Which finally brings me to this grand re-imagining of Julius Caesar, Paolo and Vittorio Taviani's powerfully innovative Caesar Must Die. 1983 me might have been puzzled by it. 2012 me was captivated. We're among a group of prisoners in a high-security Italian prison. As they do each year, they're preparing to produce and act in a play, and we see Julius Caesar come to life as they rehearse in the cells, hallways, and yards of this grey concrete prison. The rehearsals present the events of the play in chronological order, in stark black-and-white—the Tavianis only use color for a wrapping sequence that presents the actual performance. They clown about, egos clash, they make breakthroughs. The director encourages them to play this in their own Italian dialects. Prison guards comment like a Greek chorus on the action and the characters. They take the events of Caesar and apply it to their own situations and lives. The text reminds one prisoner too much of his life outside, and he's morose and irritable. This is Shakespeare not only as drama but as a play itself; the microcosm of a closed community that mirrors the events of the drama. Is the prison Julius Caesar's stagnant Rome? Is Rome a prison?


The Tavianis's direction and design is majestic; the prison is more impressive and expressive than any stage. We come to know these men through an innovative technique: as they audition for their roles, they give their names and family histories in two different ways: defiant and despondent. It's brilliant shorthand for introducing us to the prisoners as players; their personalities and strengths are "on stage" immediately before us, even for such guarded men as these. You would say that this is the a brilliant portrayal of actors as prisoners, but... These aren't actors. These men actually are prisoners, and the annual drama production is a real-life program. What looks like a documentary is more powerful that we know (from the first, so I've misled you a bit) that these are real prisoners, in a true jail. The Tavianis's film is not a documentary—they given a fictional script to surround the events—but all the actors are playing themselves. And they are absolutely brilliant. I've told you previously about my so-far-favorite film of the New York Film Festival (Life of Pi), the most thought-provoking (Something in the Air), and the most beguiling story (Barbara). Caesar Must Die takes it for me in the Performance category, especially Salvatore Striano (Brutus) and Cosimo Rega (Cassius). They moved me to genuine laughter and freely-weeped tears, more than Branagh or Olivier or Barrymore.
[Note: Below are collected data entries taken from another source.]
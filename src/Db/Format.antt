-- ===== src/Db/Format.antt =====
-- db/dbformat.h and db/dbformat.cpp: internal keys, which are a user key with a tag of eight bytes
-- that packs a sequence number and a value type.
pub mod Keys
pub mod Order
pub mod Shorten
use Prim.Native.Nat.{bit_or, bit_and, Ordering, lt, eq, gt}
use level_db.Common.{
  ℕ, ◌+◌, ◌-◌, ◌*◌, ◌/◌, ◌%◌, ◌^◌, List, [], ◌∷◌, ◌++◌, length, take, drop, ltb, leb, ◌==◌, ◌&&◌,
  if◌then◌else◌, Option, none, some,
}
use level_db.Util.Coding.{u64_mod, put_fixed64, decode_fixed64, encode_varint32, encode_fixed64}
use level_db.Util.Slice.{is_lt}
use level_db.Util.Comparator.{Comparator}

-- config::kNumLevels and config::kMaxMemCompactLevel.
abbrev pub num_levels : ℕ
num_levels = 7

abbrev pub max_mem_compact_level : ℕ
max_mem_compact_level = 2

pub data ValueType : Type 0 where
  deletion value : ValueType

abbrev pub type_code : ValueType → ℕ
type_code deletion = 0
type_code value = 1

abbrev pub value_type_for_seek : ValueType
value_type_for_seek = value

abbrev pub max_sequence_number : ℕ
max_sequence_number = 2 ^ 56 - 1

pub record ParsedInternalKey : Type 0 where
  pub user_key : List ℕ
  pub sequence : ℕ
  pub type : ValueType

unfoldable pub internal_key_encoding_length : ParsedInternalKey → ℕ
internal_key_encoding_length key = length key.user_key + 8

-- `(seq << 8) | t` on 64 bits.
unfoldable pub pack_sequence_and_type : ℕ → ValueType → ℕ
pack_sequence_and_type seq t = bit_or (seq * 2 ^ 8 % u64_mod) (type_code t)

unfoldable pub append_internal_key : List ℕ → ParsedInternalKey → List ℕ
unfolding put_fixed64 pack_sequence_and_type
append_internal_key result key =
    put_fixed64 (result ++ key.user_key) (pack_sequence_and_type key.sequence key.type)

-- The source asserts at least eight bytes here and in the next two.
unfoldable pub extract_user_key : List ℕ → List ℕ
extract_user_key internal_key = take (length internal_key - 8) internal_key

-- `DecodeFixed64(key.data() + key.size() - 8)`
unfoldable pub extract_tag : List ℕ → ℕ
unfolding decode_fixed64
extract_tag internal_key = decode_fixed64 (drop (length internal_key - 8) internal_key)

-- The type byte; ExtractValueType casts it to the enumeration.
unfoldable pub extract_value_type : List ℕ → ℕ
unfolding extract_tag
extract_value_type internal_key = bit_and (extract_tag internal_key) 0xff

-- `none` where the source returns false: the key is too short, or `c > kTypeValue`.
unfoldable pub parse_internal_key : List ℕ → Option ParsedInternalKey
unfolding extract_tag extract_user_key
parse_internal_key internal_key =
    let num = extract_tag internal_key in
    let c = bit_and num 0xff in
    if ltb (length internal_key) 8
    then none
    else if leb c 1
    then some (record {
      user_key = extract_user_key internal_key;
      sequence = num / 2 ^ 8;
      type = if c == 0 then deletion else value;
    })
    else none

-- `anum > bnum` puts `a` first.
abbrev pub newest_first : ℕ → ℕ → Ordering
newest_first anum bnum = if ltb bnum anum then lt else if ltb anum bnum then gt else eq

-- Both halves of Compare: the user keys decide, then the tags.
abbrev pub break_tie : Ordering → Ordering → Ordering
break_tie lt tags = lt
break_tie gt tags = gt
break_tie eq tags = tags

module _ (user_comparator : Comparator) where
  open user_comparator use {compare, find_shortest_separator, find_short_successor}

  unfoldable pub internal_compare : List ℕ → List ℕ → Ordering
  internal_compare a b =
      break_tie (compare (extract_user_key a) (extract_user_key b))
        (newest_first (extract_tag a) (extract_tag b))

  -- The earliest internal key of a shortened user key.
  unfoldable pub earliest : List ℕ → List ℕ
  earliest tmp = put_fixed64 tmp (pack_sequence_and_type max_sequence_number value_type_for_seek)

  unfoldable pub internal_separator : List ℕ → List ℕ → List ℕ
  internal_separator start limit =
      let user_start = extract_user_key start in
      let tmp = find_shortest_separator user_start (extract_user_key limit) in
      if ltb (length tmp) (length user_start) && is_lt (compare user_start tmp)
      then earliest tmp
      else start

  unfoldable pub internal_successor : List ℕ → List ℕ
  internal_successor key =
      let user_key = extract_user_key key in
      let tmp = find_short_successor user_key in
      if ltb (length tmp) (length user_key) && is_lt (compare user_key tmp)
      then earliest tmp
      else key

  unfoldable pub internal_key_comparator : Comparator
  internal_key_comparator = record {
    compare = internal_compare;
    find_shortest_separator = internal_separator;
    find_short_successor = internal_successor;
  }

-- LookupKey: one array with a varint32, the user key and a tag; `kstart` begins at the user key.
pub record LookupKey : Type 0 where
  pub start : List ℕ
  pub kstart : List ℕ

unfoldable pub lookup_key : List ℕ → ℕ → LookupKey
unfolding encode_varint32 encode_fixed64 pack_sequence_and_type
lookup_key user_key s =
    let tagged = user_key ++ encode_fixed64 (pack_sequence_and_type s value_type_for_seek) in
    record { start = encode_varint32 (length user_key + 8) ++ tagged; kstart = tagged }

unfoldable pub memtable_key : LookupKey → List ℕ
memtable_key k = k.start

unfoldable pub lookup_internal_key : LookupKey → List ℕ
lookup_internal_key k = k.kstart

unfoldable pub lookup_user_key : LookupKey → List ℕ
lookup_user_key k = take (length k.kstart - 8) k.kstart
When the company stands, shoulder to shoulder at the curtain call of their performance, there's great jubilation, infectious wide smiles and laughter, backslapping camaraderie and pride. Then, they're locked up in their cells again. Shakespeare and Rome is the only freedom they will have. "Since I got to know art," one of the prisoners says, "this cell has become a prison." Ironic how it opens our world for us too. Truly, Shakespeare is for the ages. Even fifteen to twenty-five years, or life.